- _Task_:
Transcribe the data below verbatim from the line with "pub read_closed : Bool" to the line with "new_proxy eol_sig = record". Include both of those lines.

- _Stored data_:
= = =

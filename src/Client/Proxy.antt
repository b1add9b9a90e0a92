-- ===== src/Client/Proxy.antt =====
-- client/proxy.go: one proxied connection. A state holds the proxy, where its two loops wait, and
-- what has gone out on both sides. An event is a loop, a callback or the owner going on; `none`
-- means that the event cannot happen. Closing a closed channel panics.
pub mod Runs
pub mod Closing
pub mod Flow
mod Tests
use yamrp.Prelude.{
  Bool, List, Option, [], false, if◌then◌else◌, none, some, true, ℕ, ◌++◌, ◌+◌, ◌||◌, ◌∷◌,
}
use yamrp.Errors.{Error, closed_pipe, eof, net_closed, other}
use yamrp.Chan.{Chan, make_chan, receive, send}

abbrev pub Bytes : Type 0
Bytes = List ℕ

-- `writingLoop` at its outer select, in the inner select for some data, or returned
pub data Writer : Type 0 where
  waiting : Writer
  writing : Bytes → Writer
  finished : Writer

-- `readingLoop` at its select with a read under way; returned with the read still under way; or
-- returned after its last read
pub data Reader : Type 0 where
  reading left ended : Reader

pub record Proxy : Type 0 where
  pub writing_buf : Chan Bytes
  pub eol_sig : Chan Error
  pub stopped : Chan (Unit {0})
  -- close(lp.stopSigWrite), close(lp.stopSigRead), and how often lp.conn.Close() was called
  pub write_closed : Bool
  pub read_closed : Bool
  pub conn_closes : ℕ
  pub panicked : Bool
  pub reader : Reader
  pub writer : Writer
  -- writes under way that the writing loop no longer waits for
  pub left_writes : List Bytes
  -- what was handed to Send of the data channel, whatever that returned, and what was written to
  -- the connection without an error, oldest first
  pub sent : List Bytes
  pub written : List Bytes

-- NewProxy, with the EoL channel of its owner
pub new_proxy : Chan Error → Proxy
new_proxy eol_sig = record {
  writing_buf = make_chan 1024;
  eol_sig = eol_sig;
  stopped = make_chan 1;
  write_closed = false;
  read_closed = false;
  conn_closes = 0;
  panicked = false;
  reader = reading;
  writer = waiting;
  left_writes = [];
  sent = [];
  written = [];
}

-- What a caller of trySendEoL or Close gets: nil, or an error that says that it came too late.
pub data Outcome : Type 0 where
  done too_late : Outcome

abbrev sent_or_not : Chan Error → Option (Chan Error) → Chan Error × Outcome
sent_or_not c none = (c, too_late)
sent_or_not c (some c') = (c', done)

pub try_send_eol : Chan Error → Error → Chan Error × Outcome
try_send_eol c e = sent_or_not c (send c e)

-- close(lp.stopSigWrite); close(lp.stopSigRead)
abbrev close_stops : Proxy → Proxy
close_stops p = record p {
  write_closed = true;
  read_closed = true;
  panicked = p.write_closed || p.read_closed;
}

abbrev close_after : Proxy → Option (Chan (Unit {0})) → Proxy × Outcome
close_after p none = (p, too_late)
close_after p (some c) =
    (close_stops (record p { stopped = c; conn_closes = p.conn_closes + 1 }), done)

-- Close. Its sends on the stop channels make a waiting loop return; since the channels are closed
-- right after, what that loop does is to return on a closed channel.
pub close : Proxy → Proxy × Outcome
close p = close_after p (send p.stopped tt)

-- The error of one turn of the reading loop: of the send if something was read, else of the read,
-- where a closed connection or pipe counts as the end of the stream.
abbrev to_eof : Option Error → Option Error
to_eof (some net_closed) = some eof
to_eof (some closed_pipe) = some eof
to_eof e = e

pub read_error : Bytes → Option Error → Option Error → Option Error
read_error [] read_err send_err = to_eof read_err
read_error (b ∷ bs) read_err send_err = to_eof send_err

abbrev reader_after : Proxy → Chan Error × Outcome → Proxy
reader_after p (c, done) = record p { eol_sig = c }
reader_after p (c, too_late) = record p { eol_sig = c; reader = ended }

abbrev reader_turn : Proxy → Option Error → Proxy
reader_turn p none = p
reader_turn p (some e) = reader_after p (try_send_eol p.eol_sig e)

abbrev forwarded : Bytes → List Bytes → List Bytes
forwarded [] l = l
forwarded (b ∷ bs) l = l ++ (b ∷ bs) ∷ []

-- `lp.conn.Read` returns some bytes and an error; bytes go to the data channel, whose send returns
-- an error too. A read that the loop no longer waits for still forwards its bytes.
pub read_returns : Bytes → Option Error → Option Error → Proxy → Reader → Option Proxy
unfolding read_error try_send_eol
read_returns bs read_err send_err p reading =
    some (reader_turn (record p { sent = forwarded bs p.sent }) (read_error bs read_err send_err))
read_returns bs read_err send_err p left =
    some (record p { sent = forwarded bs p.sent; reader = ended })
read_returns bs read_err send_err p ended = none

-- The reading loop sees that its stop channel is closed.
pub reader_stops : Proxy → Reader → Option Proxy
reader_stops p reading = if p.read_closed then some (record p { reader = left }) else none
reader_stops p _ = none

-- OnMessage; it waits while the buffer is full.
abbrev buffered : Proxy → Option (Chan Bytes) → Option Proxy
buffered p none = none
buffered p (some c) = some (record p { writing_buf = c })

pub message : Bytes → Proxy → Option Proxy
message bs p = buffered p (send p.writing_buf bs)

abbrev taken : Proxy → Option (Bytes × Chan Bytes) → Option Proxy
taken p none = none
taken p (some (bs, c)) = some (record p { writing_buf = c; writer = writing bs })

-- The writing loop takes data from the buffer.
pub writer_takes : Proxy → Writer → Option Proxy
writer_takes p waiting = taken p (receive p.writing_buf)
writer_takes p _ = none

abbrev writer_after : Proxy → Chan Error × Outcome → Proxy
writer_after p (c, done) = record p { eol_sig = c; writer = waiting }
writer_after p (c, too_late) = record p { eol_sig = c; writer = finished }

abbrev pipe_to_eof : Error → Error
pipe_to_eof closed_pipe = eof
pipe_to_eof e = e

-- `lp.conn.Write` returns. With no error it has written all of the data.
pub write_returns : Option Error → Proxy → Writer → Option Proxy
unfolding try_send_eol
write_returns none p (writing bs) =
    some (record p { writer = waiting; written = p.written ++ bs ∷ [] })
write_returns (some e) p (writing bs) =
    some (writer_after p (try_send_eol p.eol_sig (pipe_to_eof e)))
write_returns e p _ = none

-- errors.New("failed to write to socket, timeout")
abbrev write_timeout : Error
write_timeout = other 0

-- The write is not done after 100 ms; it goes on without the loop.
pub write_times_out : Proxy → Writer → Option Proxy
unfolding try_send_eol
write_times_out p (writing bs) = some (
    writer_after (record p { left_writes = p.left_writes ++ bs ∷ [] })
      (try_send_eol p.eol_sig write_timeout))
write_times_out p _ = none

-- A write that the loop no longer waits for returns. A connection makes one write at a time.
pub left_write_returns : Option Error → Proxy → List Bytes → Option Proxy
left_write_returns e p [] = none
left_write_returns none p (bs ∷ rest) =
    some (record p { left_writes = rest; written = p.written ++ bs ∷ [] })
left_write_returns (some e) p (bs ∷ rest) = some (record p { left_writes = rest })

-- The writing loop sees that its stop channel is closed.
pub writer_stops : Proxy → Writer → Option Proxy
writer_stops p waiting = if p.write_closed then some (record p { writer = finished }) else none
writer_stops p (writing bs) =
    if p.write_closed
    then some (record p { writer = finished; left_writes = p.left_writes ++ bs ∷ [] })
    else none
writer_stops p finished = none

abbrev eol_taken : Proxy → Option (Error × Chan Error) → Option Proxy
eol_taken p none = none
eol_taken p (some (e, c)) = some (record p { eol_sig = c })

pub data Event : Type 0 where
  reads : Bytes → (read_err send_err : Option Error) → Event
  messages : Bytes → Event
  writes left_writes : Option Error → Event
  reader_stop writer_take write_timeouts writer_stop : Event
  -- the owner calls Close, or takes the EoL signal
  closes takes_eol : Event

pub step : Event → Proxy → Option Proxy
unfolding read_returns reader_stops message writer_takes write_returns write_times_out
    left_write_returns writer_stops close
step (reads bs read_err send_err) p = read_returns bs read_err send_err p p.reader
step reader_stop p = reader_stops p p.reader
step (messages bs) p = message bs p
step writer_take p = writer_takes p p.writer
step (writes e) p = write_returns e p p.writer
step write_timeouts p = write_times_out p p.writer
step (left_writes e) p = left_write_returns e p p.left_writes
step writer_stop p = writer_stops p p.writer
step closes p = some (close p).0
step takes_eol p = eol_taken p (receive p.eol_sig)

pub run : List Event → Proxy → Option Proxy
run [] p = some p
run (e ∷ es) p = elim (step e p) [ none ↦ none | some p' ↦ run es p' ]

= = =

- _Task response_:
  pub read_closed : Bool
  pub conn_closes : ℕ
  pub panicked : Bool
  pub reader : Reader
  pub writer : Writer
  -- writes under way that the writing loop no longer waits for
  pub left_writes : List Bytes
  -- what was handed to Send of the data channel, whatever that returned, and what was written to
  -- the connection without an error, oldest first
  pub sent : List Bytes
  pub written : List Bytes

-- NewProxy, with the EoL channel of its owner
pub new_proxy : Chan Error → Proxy
new_proxy eol_sig = record {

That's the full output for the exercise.